Abstract EGFR mutations are common oncogenic drivers in non-small cell lung cancer (NSCLC), and around one-third of patients develop brain metastases over the course of their disease. Patients with non-classical EGFR mutations, such as insertions in exon 20, are a high unmet need with a worse prognosis compared to patients with classical EGFR mutations. Here, we describe the discovery and development of enozertinib (formerly ORIC-114), a highly brain-penetrant, orally bioavailable, irreversible inhibitor that targets EGFR exon 20 mutations with unparalleled kinome selectivity.
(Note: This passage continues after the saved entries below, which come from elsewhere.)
-- ===== src/Api/RateLimit/Bounds.antt =====
-- How many requests of a client are handled, and when one is again.
use doupro.Base.{
  subst, sym, ◌≡◌, refl, ap, ◌∙◌, Option, none, some, List, [], ◌∷◌, ℕ, ◌+◌, ◌-◌, ◌≤◌, ◌<◌, Text,
  text_eq, text_eq_iff, if◌then◌else◌, arith, Bool-cases, inl, inr,
}
use doupro.Api.RateLimit.{
  Bucket, bucket_of, RateLimiter, allow, Answer, handled, too_many_requests, client_ip, wrap,
  serve_all,
}
use doupro.Api.RateLimit.Calls.{
  allow-limit, bucket_of-allow, taken, not_taken, allow_counting, IsOver, IsOver-or_counting,
  current_bucket-over, allow_starting,
}

-- The requests of a client that were handled.
abbrev pub handled_of : Text → List (Text × Answer) → ℕ
handled_of key [] = 0
handled_of key ((k, handled) ∷ as_) = (if text_eq k key then 1 else 0) + handled_of key as_
handled_of key ((k, too_many_requests) ∷ as_) = handled_of key as_

-- The times do not fall, and lie between two bounds.
abbrev pub Within : ℕ → ℕ → List (Text × ℕ) → Type 0
Within lo hi [] = Unit
Within lo hi ((address, now) ∷ rs) = (lo ≤ now) × (now ≤ hi) × Within now hi rs

module _ (split : Text → Option Text) where
  handled_of-wrap :
      (key address : Text) (now : ℕ) (l : RateLimiter) (answers : List (Text × Answer))
      → handled_of key ((client_ip split address, (wrap split address now l).0) ∷ answers)
        ≡ taken key (client_ip split address) (allow (client_ip split address) now l).0
          + handled_of key answers
  unfolding wrap
  handled_of-wrap key address now l answers =
      elim (Bool-cases (allow (client_ip split address) now l).0) [
        | inl ok_ ↦ rw ok_ (ground arith)
        | inr refused ↦ rw refused (ground arith)
      ]

  wrap-allow :
      (address : Text) (now : ℕ) (l : RateLimiter)
      → (wrap split address now l).1 ≡ (allow (client_ip split address) now l).1
  unfolding wrap
  wrap-allow address now l = refl

  -- While the bucket counts, no more are handled than it still lets through, and its window stays.
  run_counting :
      (key : Text) (rs : List (Text × ℕ)) (lo hi : ℕ) (l : RateLimiter) (b : Bucket)
      → Within lo hi rs
      → bucket_of key l.buckets ≡ some b
      → hi ≤ b.window_ends
      → (handled_of key (serve_all split rs l).0 ≤ l.limit - b.count)
        × ((b' : Bucket) × (bucket_of key (serve_all split rs l).1.buckets ≡ some b')
            × (b'.window_ends ≡ b.window_ends))
  run_counting key [] lo hi l b h e ends = (omega arith, (b, e, refl))
  run_counting key ((address, now) ∷ rs) lo hi l b (from, until, h) e ends =
      let k = client_ip split address in
      let (b', e', same, room) = allow_counting key k now l b e (omega arith) in
      let l1 = (wrap split address now l).1 in
      let is_l1 = wrap-allow address now l in
      let (limits, _) = allow-limit k now l in
      let (least, (b2, e2, same2)) =
        run_counting key rs now hi l1 b' h
          (ap (λ (u : RateLimiter). bucket_of key u.buckets) is_l1 ∙ e') (omega arith) in
      let limit1 : l1.limit ≡ l.limit = ap (λ (u : RateLimiter). u.limit) is_l1 ∙ limits in
      (
        omega (arith, handled_of-wrap key address now l (serve_all split rs l1).0),
        (b2, e2, same2 ∙ same),
      )

  room_of : ℕ → Option Bucket → ℕ
  room_of limit none = 0
  room_of limit (some b) = limit - b.count

  run_bound :
      (key : Text) (rs : List (Text × ℕ)) (lo hi : ℕ) (l : RateLimiter)
      → Within lo hi rs
      → hi ≤ lo + l.window
      → handled_of key (serve_all split rs l).0
        ≤ room_of l.limit (bucket_of key l.buckets) + l.limit
  unfolding room_of
  run_bound key [] lo hi l h span = omega arith
  run_bound key ((address, now) ∷ rs) lo hi l (from, until, h) span =
      let k = client_ip split address in
      let l1 = (wrap split address now l).1 in
      let is_l1 = wrap-allow address now l in
      let (limits, windows) = allow-limit k now l in
      let limit1 : l1.limit ≡ l.limit = ap (λ (u : RateLimiter). u.limit) is_l1 ∙ limits in
      let window1 : l1.window ≡ l.window = ap (λ (u : RateLimiter). u.window) is_l1 ∙ windows in
      let moved : bucket_of key l1.buckets ≡ bucket_of key (allow k now l).1.buckets =
        ap (λ (u : RateLimiter). bucket_of key u.buckets) is_l1 in
      let total = handled_of-wrap key address now l (serve_all split rs l1).0 in
      let ih = run_bound key rs now hi l1 h (omega arith) in
      elim (IsOver-or_counting now (bucket_of key l.buckets)) [
        | inr (b, e, counting) ↦
            let (b', e', _, room) = allow_counting key k now l b e counting in
            let ih' =
              subst (λ o. handled_of key (serve_all split rs l1).0 ≤ room_of l1.limit o + l1.limit)
                (moved ∙ e') ih in
            subst
              (λ o.
                handled_of key ((k, (wrap split address now l).0) ∷ (serve_all split rs l1).0)
                ≤ room_of l.limit o + l.limit)
              (sym e) (omega arith)
        | inl over ↦ elim (Bool-cases (text_eq k key)) [
          | inl same ↦
              let (e1, room) = allow_starting key k now l over ((text_eq_iff k key).0 same) in
              let (least, _) =
                run_counting key rs now hi l1 (record { count = 1; window_ends = now + l.window }) h
                  (moved ∙ e1) (omega arith) in
              let all_ : handled_of key
                    ((k, (wrap split address now l).0) ∷ (serve_all split rs l1).0)
                  ≤ l.limit =
                omega (arith, total, room, least, limit1) in
              omega (arith, all_)
          | inr other ↦
              let idle : taken key k (allow k now l).0 ≡ 0 =
                not_taken key k (allow k now l).0 other in
              let e1 : bucket_of key l1.buckets ≡ bucket_of key l.buckets =
                moved ∙ bucket_of-allow key k now l ∙ ground arith in
              let ih' =
                subst
                  (λ o. handled_of key (serve_all split rs l1).0 ≤ room_of l1.limit o + l1.limit) e1
                  ih in
              let ih2 =
                subst
                  (λ n.
                    handled_of key (serve_all split rs l1).0
                    ≤ room_of n (bucket_of key l.buckets) + n)
                  limit1 ih' in
              let all_ : handled_of key
                    ((k, (wrap split address now l).0) ∷ (serve_all split rs l1).0)
                  ≤ room_of l.limit (bucket_of key l.buckets) + l.limit =
                omega (arith, total, idle, ih2) in
              all_
        ]
      ]

  room_le : (limit : ℕ) (o : Option Bucket) → room_of limit o ≤ limit
  unfolding room_of
  room_le limit none = omega arith
  room_le limit (some b) = omega arith

  -- In any span of one window, wherever it lies and whatever other clients send, no more than twice
  -- the limit of a client's requests are handled.
  pub serve_all-le :
      (key : Text) (rs : List (Text × ℕ)) (from : ℕ) (l : RateLimiter)
      → Within from (from + l.window) rs
      → handled_of key (serve_all split rs l).0 ≤ l.limit + l.limit
  serve_all-le key rs from l h = omega (
    arith,
    run_bound key rs from (from + l.window) l h (omega arith),
    room_le l.limit (bucket_of key l.buckets),
  )

  wrap_over :
      (address : Text) (now : ℕ) (l : RateLimiter)
      → IsOver now (bucket_of (client_ip split address) l.buckets)
      → 0 < l.limit
      → (wrap split address now l).0 ≡ handled
  unfolding wrap allow
  wrap_over address now l over positive =
      let fresh =
        current_bucket-over l.window now (bucket_of (client_ip split address) l.buckets) over in
      ground (arith, fresh)

  serve_all-limit :
      (rs : List (Text × ℕ)) (l : RateLimiter) → (serve_all split rs l).1.limit ≡ l.limit
  serve_all-limit [] l = refl
  serve_all-limit ((address, now) ∷ rs) l =
      serve_all-limit rs (wrap split address now l).1
      ∙ ap (λ (u : RateLimiter). u.limit) (wrap-allow address now l)
      ∙ (allow-limit (client_ip split address) now l).0

  -- However many requests a client sends while its window lasts, no more are handled than the limit
  -- leaves, and its first request after the end of that window is handled, if the limit is not zero:
  -- refused requests do not prolong the wait.
  pub handled_again :
      (key address : Text) (rs : List (Text × ℕ)) (from now : ℕ) (l : RateLimiter) (b : Bucket)
      → bucket_of key l.buckets ≡ some b
      → Within from b.window_ends rs
      → b.window_ends < now
      → 0 < l.limit
      → client_ip split address ≡ key
      → (handled_of key (serve_all split rs l).0 ≤ l.limit - b.count)
        × ((wrap split address now (serve_all split rs l).1).0 ≡ handled)
  handled_again key address rs from now l b e h late positive is_key =
      let (least, (b', e', ends)) = run_counting key rs from b.window_ends l b h e (omega arith) in
      (
        least,
        wrap_over address now (serve_all split rs l).1
            (subst (λ t. IsOver now (bucket_of t (serve_all split rs l).1.buckets)) (sym is_key)
              (subst (λ o. IsOver now o) (sym e') (omega (arith, ends, late))))
            (omega (arith, serve_all-limit rs l)),
      )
Preclinical studies revealed strong potency and tumor regressions driven by enozertinib across a broad range of atypical EGFR mutant models. In a phase I clinical trial of enozertinib in patients with advanced NSCLC bearing atypical mutations in EGFR, a patient with harboring an EGFR exon 20 insertion experienced sustained complete response of all systemic and brain metastases. Together, these findings identify enozertinib as a promising investigational inhibitor to meet the unmet need for brain-penetrant therapies for NSCLC with EGFR exon 20 insertions or other atypical mutations.